── Data ──

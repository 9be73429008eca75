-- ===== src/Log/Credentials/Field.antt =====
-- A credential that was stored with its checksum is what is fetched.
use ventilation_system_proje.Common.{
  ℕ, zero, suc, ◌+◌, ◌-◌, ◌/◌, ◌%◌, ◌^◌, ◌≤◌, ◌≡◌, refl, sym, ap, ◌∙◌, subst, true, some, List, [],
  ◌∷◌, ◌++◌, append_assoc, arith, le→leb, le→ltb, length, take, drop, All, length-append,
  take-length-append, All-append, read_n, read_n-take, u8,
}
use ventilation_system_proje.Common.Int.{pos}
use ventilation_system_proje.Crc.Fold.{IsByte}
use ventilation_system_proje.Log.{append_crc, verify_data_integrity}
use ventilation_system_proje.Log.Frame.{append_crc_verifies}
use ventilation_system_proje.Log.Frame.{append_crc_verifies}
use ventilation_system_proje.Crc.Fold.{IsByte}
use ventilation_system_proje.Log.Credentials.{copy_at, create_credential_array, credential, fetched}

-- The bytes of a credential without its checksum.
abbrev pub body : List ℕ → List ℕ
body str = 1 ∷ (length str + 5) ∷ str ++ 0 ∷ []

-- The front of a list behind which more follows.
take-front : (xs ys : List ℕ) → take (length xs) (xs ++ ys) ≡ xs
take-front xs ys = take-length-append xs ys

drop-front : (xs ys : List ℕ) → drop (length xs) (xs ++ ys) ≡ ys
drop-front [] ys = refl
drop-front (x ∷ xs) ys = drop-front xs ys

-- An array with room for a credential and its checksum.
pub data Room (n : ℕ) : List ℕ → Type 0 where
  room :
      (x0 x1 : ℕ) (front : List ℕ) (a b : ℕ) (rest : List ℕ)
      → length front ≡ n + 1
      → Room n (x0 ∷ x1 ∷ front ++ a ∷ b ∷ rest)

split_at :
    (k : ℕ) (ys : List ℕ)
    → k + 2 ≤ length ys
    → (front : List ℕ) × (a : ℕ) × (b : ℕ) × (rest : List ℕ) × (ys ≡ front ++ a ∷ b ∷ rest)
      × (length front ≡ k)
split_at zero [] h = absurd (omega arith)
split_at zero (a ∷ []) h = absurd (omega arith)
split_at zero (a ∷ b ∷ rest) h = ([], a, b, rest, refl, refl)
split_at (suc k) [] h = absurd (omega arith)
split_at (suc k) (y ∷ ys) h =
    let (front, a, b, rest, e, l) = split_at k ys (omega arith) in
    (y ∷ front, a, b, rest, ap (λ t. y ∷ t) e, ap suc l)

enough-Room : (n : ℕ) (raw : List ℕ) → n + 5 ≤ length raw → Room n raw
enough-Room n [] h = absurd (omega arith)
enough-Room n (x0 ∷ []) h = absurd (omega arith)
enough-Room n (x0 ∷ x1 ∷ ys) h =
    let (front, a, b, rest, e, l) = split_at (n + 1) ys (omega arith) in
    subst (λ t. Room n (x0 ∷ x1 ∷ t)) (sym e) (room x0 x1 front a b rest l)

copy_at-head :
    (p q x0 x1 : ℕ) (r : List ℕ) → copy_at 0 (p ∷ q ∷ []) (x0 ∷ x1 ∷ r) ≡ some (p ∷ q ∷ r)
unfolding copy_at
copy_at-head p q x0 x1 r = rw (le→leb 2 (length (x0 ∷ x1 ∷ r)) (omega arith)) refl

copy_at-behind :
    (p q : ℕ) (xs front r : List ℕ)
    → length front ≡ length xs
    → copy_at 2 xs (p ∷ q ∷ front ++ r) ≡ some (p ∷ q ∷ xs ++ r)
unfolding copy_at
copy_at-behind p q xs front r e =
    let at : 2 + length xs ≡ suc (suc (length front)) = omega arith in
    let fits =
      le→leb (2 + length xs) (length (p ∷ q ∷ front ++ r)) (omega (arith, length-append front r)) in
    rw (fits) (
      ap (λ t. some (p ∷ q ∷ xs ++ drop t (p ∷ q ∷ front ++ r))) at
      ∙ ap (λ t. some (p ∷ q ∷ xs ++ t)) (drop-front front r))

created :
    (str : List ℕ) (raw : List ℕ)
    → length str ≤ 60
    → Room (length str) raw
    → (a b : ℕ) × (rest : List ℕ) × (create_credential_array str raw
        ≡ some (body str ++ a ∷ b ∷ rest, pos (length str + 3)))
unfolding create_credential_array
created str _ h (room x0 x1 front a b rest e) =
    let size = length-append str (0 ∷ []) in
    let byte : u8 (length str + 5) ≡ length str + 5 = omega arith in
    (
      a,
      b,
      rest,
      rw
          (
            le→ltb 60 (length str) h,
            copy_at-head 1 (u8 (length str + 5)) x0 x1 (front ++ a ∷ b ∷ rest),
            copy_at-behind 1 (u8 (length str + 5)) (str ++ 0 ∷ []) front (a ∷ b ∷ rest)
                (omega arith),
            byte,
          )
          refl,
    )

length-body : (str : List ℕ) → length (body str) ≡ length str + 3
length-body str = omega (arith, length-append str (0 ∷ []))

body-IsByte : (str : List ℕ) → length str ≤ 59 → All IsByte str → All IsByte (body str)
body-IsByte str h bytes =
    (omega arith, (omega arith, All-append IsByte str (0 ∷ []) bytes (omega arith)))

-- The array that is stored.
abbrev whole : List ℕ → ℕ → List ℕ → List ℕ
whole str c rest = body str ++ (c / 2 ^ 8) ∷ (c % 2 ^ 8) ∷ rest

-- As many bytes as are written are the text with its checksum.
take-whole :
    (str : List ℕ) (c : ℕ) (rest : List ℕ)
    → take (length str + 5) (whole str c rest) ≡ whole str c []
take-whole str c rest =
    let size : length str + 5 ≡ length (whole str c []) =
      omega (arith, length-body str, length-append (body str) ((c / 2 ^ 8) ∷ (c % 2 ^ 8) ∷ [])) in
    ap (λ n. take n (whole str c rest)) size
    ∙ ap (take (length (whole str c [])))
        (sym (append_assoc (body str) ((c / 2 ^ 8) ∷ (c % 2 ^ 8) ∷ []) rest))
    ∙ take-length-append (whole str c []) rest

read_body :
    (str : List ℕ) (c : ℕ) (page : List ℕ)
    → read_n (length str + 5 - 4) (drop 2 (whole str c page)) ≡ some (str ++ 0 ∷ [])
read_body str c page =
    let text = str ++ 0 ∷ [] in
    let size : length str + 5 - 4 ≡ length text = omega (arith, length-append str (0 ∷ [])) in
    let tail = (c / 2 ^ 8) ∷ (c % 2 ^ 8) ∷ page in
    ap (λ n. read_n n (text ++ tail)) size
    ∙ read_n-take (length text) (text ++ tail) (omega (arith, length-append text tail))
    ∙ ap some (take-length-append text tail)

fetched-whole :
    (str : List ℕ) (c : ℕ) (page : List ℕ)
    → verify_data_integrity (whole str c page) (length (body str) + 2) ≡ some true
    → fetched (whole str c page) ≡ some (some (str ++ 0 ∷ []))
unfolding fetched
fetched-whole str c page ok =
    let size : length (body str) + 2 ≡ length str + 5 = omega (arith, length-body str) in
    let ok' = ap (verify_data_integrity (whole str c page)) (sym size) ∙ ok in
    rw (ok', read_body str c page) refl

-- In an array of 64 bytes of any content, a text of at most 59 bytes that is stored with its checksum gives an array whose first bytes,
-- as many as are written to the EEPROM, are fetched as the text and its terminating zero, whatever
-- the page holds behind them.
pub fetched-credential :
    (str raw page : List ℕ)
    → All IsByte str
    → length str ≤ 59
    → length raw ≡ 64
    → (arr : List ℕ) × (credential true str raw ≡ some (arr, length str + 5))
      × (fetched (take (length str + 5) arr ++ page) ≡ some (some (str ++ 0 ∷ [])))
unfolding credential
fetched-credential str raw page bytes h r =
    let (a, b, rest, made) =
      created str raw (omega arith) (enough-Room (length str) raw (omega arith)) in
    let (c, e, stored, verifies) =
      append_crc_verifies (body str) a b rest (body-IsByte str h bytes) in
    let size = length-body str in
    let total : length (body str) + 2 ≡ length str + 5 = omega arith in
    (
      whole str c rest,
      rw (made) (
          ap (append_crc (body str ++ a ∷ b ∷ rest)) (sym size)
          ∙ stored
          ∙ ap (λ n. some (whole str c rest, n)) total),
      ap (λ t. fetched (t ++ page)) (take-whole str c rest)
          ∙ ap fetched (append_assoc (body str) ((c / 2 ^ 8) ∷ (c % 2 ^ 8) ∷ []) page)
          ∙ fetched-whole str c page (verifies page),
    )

───

Retype the entries above exactly, but only from the line containing "-- ===== src/Log/Credentials/Field.antt" through the line containing "enough-Room n [] h = absurd (omega arith)", both included.

-- ===== src/Log/Credentials/Field.antt =====
-- A credential that was stored with its checksum is what is fetched.
use ventilation_system_proje.Common.{
  ℕ, zero, suc, ◌+◌, ◌-◌, ◌/◌, ◌%◌, ◌^◌, ◌≤◌, ◌≡◌, refl, sym, ap, ◌∙◌, subst, true, some, List, [],
  ◌∷◌, ◌++◌, append_assoc, arith, le→leb, le→ltb, length, take, drop, All, length-append,
  take-length-append, All-append, read_n, read_n-take, u8,
}
use ventilation_system_proje.Common.Int.{pos}
use ventilation_system_proje.Crc.Fold.{IsByte}
use ventilation_system_proje.Log.{append_crc, verify_data_integrity}
use ventilation_system_proje.Log.Frame.{append_crc_verifies}
use ventilation_system_proje.Log.Frame.{append_crc_verifies}
use ventilation_system_proje.Crc.Fold.{IsByte}
use ventilation_system_proje.Log.Credentials.{copy_at, create_credential_array, credential, fetched}

-- The bytes of a credential without its checksum.
abbrev pub body : List ℕ → List ℕ
body str = 1 ∷ (length str + 5) ∷ str ++ 0 ∷ []

-- The front of a list behind which more follows.
take-front : (xs ys : List ℕ) → take (length xs) (xs ++ ys) ≡ xs
take-front xs ys = take-length-append xs ys

drop-front : (xs ys : List ℕ) → drop (length xs) (xs ++ ys) ≡ ys
drop-front [] ys = refl
drop-front (x ∷ xs) ys = drop-front xs ys

-- An array with room for a credential and its checksum.
pub data Room (n : ℕ) : List ℕ → Type 0 where
  room :
      (x0 x1 : ℕ) (front : List ℕ) (a b : ℕ) (rest : List ℕ)
      → length front ≡ n + 1
      → Room n (x0 ∷ x1 ∷ front ++ a ∷ b ∷ rest)

split_at :
    (k : ℕ) (ys : List ℕ)
    → k + 2 ≤ length ys
    → (front : List ℕ) × (a : ℕ) × (b : ℕ) × (rest : List ℕ) × (ys ≡ front ++ a ∷ b ∷ rest)
      × (length front ≡ k)
split_at zero [] h = absurd (omega arith)
split_at zero (a ∷ []) h = absurd (omega arith)
split_at zero (a ∷ b ∷ rest) h = ([], a, b, rest, refl, refl)
split_at (suc k) [] h = absurd (omega arith)
split_at (suc k) (y ∷ ys) h =
    let (front, a, b, rest, e, l) = split_at k ys (omega arith) in
    (y ∷ front, a, b, rest, ap (λ t. y ∷ t) e, ap suc l)

enough-Room : (n : ℕ) (raw : List ℕ) → n + 5 ≤ length raw → Room n raw
enough-Room n [] h = absurd (omega arith)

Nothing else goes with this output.